On 24 May 2023, the HELTASA Digital Teaching and Learning Team hosted their second Digital Dialogue entitled “How are institutions responding to AI?”. The webinar recording and some slides from the session are available. This was a follow up session to our earlier Digital Dialogue “How do we navigate the AI hype together?” held on 15 March 2023.
What is university for and what is the impact of AI tools?
The first invited guest speaker, Prof Mags Blackie from Rhodes University, contextualised the discussion in relation to the purpose of higher education. The value of a university degree can be measured in various ways (see Cole, 2018), from increasing lifetime earning potential, developing subject matter expertise, forming networks with peers to demonstrating “stick-to-itiveness” in surviving the process. The notion of a university degree can also have the capacity to transcend background. Higher education can also be seen as a “degree factory”, as being about getting the piece of paper at the end from an accredited institution. This notion has been under threat for a while with “degree mills” or even where people forge certificates. A more recent focus has been graduate attributes. Is it about these attributes or is it about skills acquisition? And how do these skills and attributes develop?
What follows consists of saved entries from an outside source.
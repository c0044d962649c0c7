-- ===== src/Security/Access.antt =====
-- When src/security.c hands out a seed, what a seed is, and when a key is accepted.
use vecu_uds.Base.{ℕ, ◌≤◌, ◌<◌, ◌≡◌, ◌≢◌, ◌↔◌, true, bit_xor, arith}
use vecu_uds.Clock.{Env, now_ms}
use vecu_uds.Security.{
  SecurityState, issued, accepted, rejected, key_constant, max_fails, request_seed, send_key,
  is_unlocked,
}
use vecu_uds.Security.Inv.{IsValid}
use vecu_uds.Types.Nrc

-- A key is accepted exactly when the level is 1, a seed is pending and the key is the pending seed
-- XOR the constant; this in every state that satisfies the invariant, so that the lock-out test of
-- sendKey never stands in the way of a pending seed.
pub accepted_iff :
    (env : Env) (level key : ℕ) (s : SecurityState)
    → IsValid s
    → ((send_key env level key s).0 ≡ accepted)
      ↔ ((level ≡ 1) × (s.seed_issued ≡ true) × (key ≡ bit_xor s.pending_seed key_constant))
unfolding send_key
accepted_iff env level key s v = (λ h. ground arith, λ h. ground arith)

-- Asking for a seed and answering it with the seed XOR the constant unlocks level 1, from every
-- state that satisfies the invariant: if the request issues the seed, the key is accepted.
pub seed_then_key_unlocks :
    (env env' : Env) (n : ℕ) (s : SecurityState)
    → IsValid s
    → (request_seed env 1 s).0 ≡ issued n
    → let (r, t) = send_key env' 1 (bit_xor n key_constant) (request_seed env 1 s).1 in
      (r ≡ accepted) × (is_unlocked 1 t ≡ true) × (t.fail_count ≡ 0)
unfolding request_seed send_key is_unlocked
seed_then_key_unlocks env env' n s v h = ground arith

-- A pending seed serves one key: whatever the first key was, and however the component answered
-- it, a second sendKey at level 1 with no seed requested in between is out of sequence (0x24).
pub second_key_refused :
    (env env' : Env) (k k' : ℕ) (s : SecurityState)
    → IsValid s
    → (send_key env' 1 k' (send_key env 1 k s).1).0 ≡ rejected Nrc.request_sequence_error
unfolding send_key
second_key_refused env env' k k' s v = ground arith

-- sendKey never answers 0x37 in a state that satisfies the invariant: its lock-out test is
-- unreachable.
pub send_key_lock_test_dead :
    (env : Env) (level key : ℕ) (s : SecurityState)
    → IsValid s
    → (send_key env level key s).0 ≢ rejected Nrc.required_time_delay_not_expired
unfolding send_key
send_key_lock_test_dead env level key s v = ground arith

-- Outside the lock-out window a locked component answers requestSeed at level 1 by a seed that is
-- not 0; the seed is pending, the lock-out is over, and fewer failures than the limit are counted.
pub seed_after_lock_out :
    (env : Env) (s : SecurityState)
    → IsValid s
    → s.unlocked_level ≡ 0
    → s.lock_until_ms ≤ now_ms env.clock
    → let (r, t) = request_seed env 1 s in
      (r ≡ issued t.pending_seed)
      × (t.pending_seed ≢ 0)
      × (t.seed_issued ≡ true)
      × (t.lock_until_ms ≡ 0)
      × (t.fail_count < max_fails)
unfolding request_seed
seed_after_lock_out env s v u l = ground arith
Prof Blackie sees universities as creating environments where students have access to a coherent body of knowledge and become inducted into the ways in which knowledge in that discipline is produced. Higher education assists to give students access to a new way of viewing the world leading to a new way of being in the world and the potential to change the world. This means it’s much more than a degree certificate.
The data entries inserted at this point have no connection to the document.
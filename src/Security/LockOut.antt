-- ===== src/Security/LockOut.antt =====
-- The lock-out of src/security.c: what it refuses, when it is armed, how many guesses it allows.
use vecu_uds.Base.{
  ℕ, ◌+◌, ◌-◌, ◌≤◌, ◌<◌, ◌≡◌, ◌≢◌, refl, Bool, true, false, List, [], ◌∷◌, bit_xor, arith, ltb, leb,
  ◌==◌, if◌then◌else◌, u64,
}
use vecu_uds.Clock.{Env, now_ms}
use vecu_uds.Security.{
  SecurityState, SeedResult, KeyResult, issued, accepted, rejected, key_constant, max_fails,
  lock_duration_ms, seed_of, request_seed, send_key,
}
use vecu_uds.Security.Inv.{IsValid, IsSane, request_seed-IsValid, send_key-IsValid}
use vecu_uds.Types.Nrc

-- A tester's call of the component, with the kernel's answers to it.
pub data Call : Type 0 where
  seed : Env → ℕ → Call
  key : Env → ℕ → ℕ → Call

abbrev pub env_of : Call → Env
env_of (seed env level) = env
env_of (key env level k) = env

pub after : Call → SecurityState → SecurityState
after (seed env level) s = (request_seed env level s).1
after (key env level k) s = (send_key env level k s).1

pub run : List Call → SecurityState → SecurityState
run [] s = s
run (c ∷ cs) s = run cs (after c s)

-- The call hands out no seed and accepts no key.
abbrev is_issued : SeedResult → Bool
is_issued (issued n) = true
is_issued _ = false

abbrev is_accepted : KeyResult → Bool
is_accepted accepted = true
is_accepted (rejected n) = false

pub gains : Call → SecurityState → Bool
gains (seed env level) s = is_issued (request_seed env level s).0
gains (key env level k) s = is_accepted (send_key env level k s).0

-- A key that was compared and found wrong.
abbrev is_wrong : KeyResult → ℕ
is_wrong accepted = 0
is_wrong (rejected nrc) =
    if nrc == Nrc.invalid_key then 1 else if nrc == Nrc.exceeded_number_of_attempts then 1 else 0

abbrev wrong : Call → SecurityState → ℕ
wrong (seed env level) s = 0
wrong (key env level k) s = is_wrong (send_key env level k s).0

pub wrong_keys : List Call → SecurityState → ℕ
wrong_keys [] s = 0
wrong_keys (c ∷ cs) s = wrong c s + wrong_keys cs (after c s)

-- None of the calls hands out a seed or accepts a key.
abbrev pub GainsNothing : List Call → SecurityState → Type 0
GainsNothing [] s = Unit {0}
GainsNothing (c ∷ cs) s = (gains c s ≡ false) × GainsNothing cs (after c s)

abbrev pub All : (Call → Type 0) → List Call → Type 0
All P [] = Unit {0}
All P (c ∷ cs) = P c × All P cs

after_locked_out :
    (c : Call) (s : SecurityState)
    → IsValid s
    → now_ms (env_of c).clock < s.lock_until_ms
    → (after c s ≡ s) × (gains c s ≡ false)
unfolding after gains request_seed send_key
after_locked_out (seed env level) s v h = ground arith
after_locked_out (key env level k) s v h = ground arith

-- While every clock reading is before the end of the lock-out, no sequence of requestSeed and
-- sendKey calls, at any level and with any keys, changes the state, hands out a seed or accepts a
-- key.
pub locked_out_refuses :
    (cs : List Call) (s : SecurityState)
    → IsValid s
    → All (λ c. now_ms (env_of c).clock < s.lock_until_ms) cs
    → (run cs s ≡ s) × GainsNothing cs s
unfolding run
locked_out_refuses [] s v h = (refl, tt)
locked_out_refuses (c ∷ cs) s v h =
    let (same, none_gained) = after_locked_out c s v h.0 in
    let (rest, rest_gained) = locked_out_refuses cs s v h.1 in
    rw same (rest, (none_gained, rest_gained))

-- How many more wrong keys can be counted before `until`.
abbrev budget : ℕ → SecurityState → ℕ
budget until s =
    if ltb 0 s.unlocked_level
    then 0
    else if s.lock_until_ms == 0
    then max_fails - s.fail_count
    else if leb until s.lock_until_ms
    then 0
    else max_fails

-- The readings of a call lie in a window of the length of the lock-out.
pub record InWindow (start : ℕ) (c : Call) : Type 0 where
  pub first_before_end : now_ms (env_of c).clock < start + lock_duration_ms
  pub second_after_start : start ≤ now_ms (env_of c).clock_again

after-IsValid : (c : Call) (s : SecurityState) → IsSane (env_of c) → IsValid s → IsValid (after c s)
unfolding after
after-IsValid (seed env level) s h v = request_seed-IsValid env level s v
after-IsValid (key env level k) s h v = send_key-IsValid env level k s h v

wrong-budget :
    (start : ℕ) (c : Call) (s : SecurityState)
    → InWindow start c
    → IsSane (env_of c)
    → IsValid s
    → wrong c s + budget (start + lock_duration_ms) (after c s)
      ≤ budget (start + lock_duration_ms) s
unfolding after request_seed send_key
wrong-budget start (seed env level) s w sane v = ground arith
wrong-budget start (key env level k) s w sane v = ground arith

wrong_keys-budget :
    (start : ℕ) (cs : List Call) (s : SecurityState)
    → All (InWindow start) cs
    → All (λ c. IsSane (env_of c)) cs
    → IsValid s
    → wrong_keys cs s ≤ budget (start + lock_duration_ms) s
unfolding wrong_keys
wrong_keys-budget start [] s h sane v = omega arith
wrong_keys-budget start (c ∷ cs) s h sane v = omega (
  arith,
  wrong-budget start c s h.0 sane.0 v,
  wrong_keys-budget start cs (after c s) h.1 sane.1 (after-IsValid c s sane.0 v),
)

-- In any sequence of requestSeed and sendKey calls, with no reset and no relocking in between, whose
-- clock readings lie within one lock-out duration and are not at the end of their range, at most
-- SECURITY_MAX_FAILS keys are compared and found wrong, from every state that satisfies the
-- invariant.
pub wrong_keys_bounded :
    (start : ℕ) (cs : List Call) (s : SecurityState)
    → All (InWindow start) cs
    → All (λ c. IsSane (env_of c)) cs
    → IsValid s
    → wrong_keys cs s ≤ max_fails
wrong_keys_bounded start cs s h sane v = ground (arith, wrong_keys-budget start cs s h sane v)

-- One guess: ask for a seed, then send a key.
abbrev pub guess : Env → ℕ → SecurityState → KeyResult × SecurityState
guess env k s = send_key env 0x01 k (request_seed env 0x01 s).1

-- The key does not answer the seed that the kernel's draw leads to.
abbrev pub IsWrong : Env → ℕ → Type 0
IsWrong env k = k ≢ bit_xor (seed_of env.entropy) key_constant

wrong_guess :
    (env : Env) (k : ℕ) (s : SecurityState)
    → s.unlocked_level ≡ 0
    → s.lock_until_ms ≡ 0
    → s.fail_count < 2
    → IsWrong env k
    → ((guess env k s).0 ≡ rejected Nrc.invalid_key)
      × ((guess env k s).1.unlocked_level ≡ 0)
      × ((guess env k s).1.lock_until_ms ≡ 0)
      × ((guess env k s).1.fail_count ≡ s.fail_count + 1)
unfolding request_seed send_key
wrong_guess env k s u l f w = ground arith

last_wrong_guess :
    (env : Env) (k : ℕ) (s : SecurityState)
    → s.unlocked_level ≡ 0
    → s.lock_until_ms ≡ 0
    → s.fail_count ≡ 2
    → IsWrong env k
    → ((guess env k s).0 ≡ rejected Nrc.exceeded_number_of_attempts)
      × ((guess env k s).1.lock_until_ms ≡ u64 (now_ms env.clock_again + lock_duration_ms))
unfolding request_seed send_key
last_wrong_guess env k s u l f w = ground arith

-- From a locked state with no failure counted, three guesses in a row with wrong keys are answered
-- 0x35, 0x35 and 0x36, and the third arms the lock-out for SECURITY_LOCK_DURATION_MS from its
-- clock reading.
pub three_wrong_guesses :
    (e₁ e₂ e₃ : Env) (k₁ k₂ k₃ : ℕ) (s : SecurityState)
    → s.unlocked_level ≡ 0
    → s.lock_until_ms ≡ 0
    → s.fail_count ≡ 0
    → IsWrong e₁ k₁
    → IsWrong e₂ k₂
    → IsWrong e₃ k₃
    → let (r₁, s₁) = guess e₁ k₁ s in
      let (r₂, s₂) = guess e₂ k₂ s₁ in
      let (r₃, s₃) = guess e₃ k₃ s₂ in
      (r₁ ≡ rejected Nrc.invalid_key)
      × (r₂ ≡ rejected Nrc.invalid_key)
      × (r₃ ≡ rejected Nrc.exceeded_number_of_attempts)
      × (s₃.lock_until_ms ≡ u64 (now_ms e₃.clock_again + lock_duration_ms))
three_wrong_guesses e₁ e₂ e₃ k₁ k₂ k₃ s u l f w₁ w₂ w₃ =
    let first = wrong_guess e₁ k₁ s u l (omega arith) w₁ in
    let s₁ = (guess e₁ k₁ s).1 in
    let second = wrong_guess e₂ k₂ s₁ first.1 first.2 (omega (arith, first.3)) w₂ in
    let s₂ = (guess e₂ k₂ s₁).1 in
    let third = last_wrong_guess e₃ k₃ s₂ second.1 second.2 (omega (arith, first.3, second.3)) w₃ in
    (first.0, second.0, third.0, third.1)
Generative AI means that the things we have taken as a proxy for demonstrating a change in ways of viewing and being, the products we ask students to submit, need to be reconsidered. For example, can a student produce an essay on a certain topic. Because AI tools can easily generate an essay, they mean those proxies can be pointless. We need to then think about how we can know if there is a shift in the way of viewing and being for a student? The question to address is then: How do we assess that shift in students?
Current responses to generative AI tools in participants’ organisations
Participants were invited to respond to a poll around their institutional responses to AI tools. The results indicated a wide variety of responses across institutions. The most common response (60% of respondents) indicated that there is no official university position or formalised guidelines available yet. This was followed by faculty-specific approaches being in development (38%) and warning students of sanctions if using AI tools when not permitted (33%). Other responses indicated that there is no single institutional approach, educators can choose their own approaches (25%) and that students are allowed to use AI tools if they disclose their use (21%) and institutions consulting students around AI tools and assessments (21%). A later poll indicated that in policy and formal institutional communications academic integrity (73%) is more prominent than discourses of cheating or plagiarism (27%).
Responses at Aga Khan University (Kenya)
Our next speaker, Dr Kendi Muchungi from Aga Khan University, shared the impacts of AI tools at her institution. She highlighted that institutions need to adapt to changes in their contexts. AI tools can be used for content summarisation (leading to efficiencies), critique of writing (as a learning opportunity) and to improve communication and provide research assistance. The institution is looking at how tools like ChatGPT and Bard can be incorporated into the learning, teaching and assessment processes. A key principle is to help students to understand why we are assessing, as a way to facilitate learning rather than a focus on a mark. The focus needs to shift towards more authentic assessment.
Responses at Loughborough University (United Kingdom)
Our final speaker, Prof Sandie Dann from Loughborough University, shared how her institution is looking at academic integrity and AI tools in partnership with students. A key principle is that students need to understand what is expected of them, how academic (mis)conduct is determined and what the consequences are. Their experience around academic misconduct is that the vast majority are misguided students, perhaps because they are desperate, feeling pressured or because they are unclear on what is acceptable or not. Campaigns have been shared with students in various formats and channels (such as social media and in the student union) involving students in the design of those campaigns, to get the language right so that students and staff understand each other. For generative AI tools, policies need to be clear to students what they can and cannot do. Their focus on the revision of policies due to recent developments. AI is just another tool, and we need to think about how we use tools for assessments. We also need to advise students on which tools to use and how to use them and make it clear what is expected of students in an assessment.